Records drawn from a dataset
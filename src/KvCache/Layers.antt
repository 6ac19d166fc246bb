-- ===== src/KvCache/Layers.antt =====
-- The number of layers, counted from the names of a graph's inputs.
use Prim.Native.String.{◌++◌ as ◌<>◌}
use text.Mathlib.TextLemmas.{append_assoc}
use text.Mathlib.TextPositions.{starts_with-append}
use graph_extraction.Base.{
  ℕ, zero, suc, ◌+◌, ◌≡◌, refl, sym, ap, ◌∙◌, String, true, false, List, ◌++◌, arith,
}
use graph_extraction.Base.Texts.{ends_with, ends_with-append, ends_with-append_other}
use graph_extraction.Base.Decimal.{show}
use graph_extraction.KvCache.{is_past_key, kv_names_from, past_kv_input_names, count_layers}

abbrev stem : String
stem = "past_key_values."

key_counts : (i : ℕ) → is_past_key (stem <> (show i <> ".key")) ≡ true
key_counts i =
    let a = starts_with-append stem (show i <> ".key") in
    let b : ends_with (stem <> (show i <> ".key")) ".key" ≡ true =
      ap (λ s. ends_with s ".key") (sym (append_assoc stem (show i) ".key"))
      ∙ ends_with-append (stem <> show i) ".key" in
    rw (a, b) refl

value_counts_not : (i : ℕ) → is_past_key (stem <> (show i <> ".value")) ≡ false
unfolding ends_with
value_counts_not i =
    let a = starts_with-append stem (show i <> ".value") in
    let b : ends_with (stem <> (show i <> ".value")) ".key" ≡ false =
      ap (λ s. ends_with s ".key") (sym (append_assoc stem (show i) ".value"))
      ∙ ends_with-append_other (stem <> show i) ".value" ".key" (omega arith) refl in
    rw (a, b) refl

count-kv_names_from :
    (n i : ℕ) (names : List String)
    → count_layers (kv_names_from stem n i ++ names) ≡ n + count_layers names
unfolding count_layers kv_names_from
count-kv_names_from zero i names = omega arith
count-kv_names_from (suc n) i names =
    rw (key_counts i, value_counts_not i) (omega (arith, count-kv_names_from n (suc i) names))

-- Behind the inputs for the past of `n` layers, the count goes on from `n`: the number of layers
-- is read back from the names that it has given.
pub count_layers-past_kv_input_names :
    (n : ℕ) (names : List String)
    → count_layers (past_kv_input_names n ++ names) ≡ n + count_layers names
unfolding past_kv_input_names
count_layers-past_kv_input_names n names = count-kv_names_from n 0 names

### ABOUT THIS EXERCISE:
One line above contains "count-kv_names_from zero i". Output that line and each one after it, word for word, and nothing else.

### FINISHED EXERCISE:
count-kv_names_from zero i names = omega arith
count-kv_names_from (suc n) i names =
    rw (key_counts i, value_counts_not i) (omega (arith, count-kv_names_from n (suc i) names))

-- Behind the inputs for the past of `n` layers, the count goes on from `n`: the number of layers
-- is read back from the names that it has given.
pub count_layers-past_kv_input_names :
    (n : ℕ) (names : List String)
    → count_layers (past_kv_input_names n ++ names) ≡ n + count_layers names
unfolding past_kv_input_names
count_layers-past_kv_input_names n names = count-kv_names_from n 0 names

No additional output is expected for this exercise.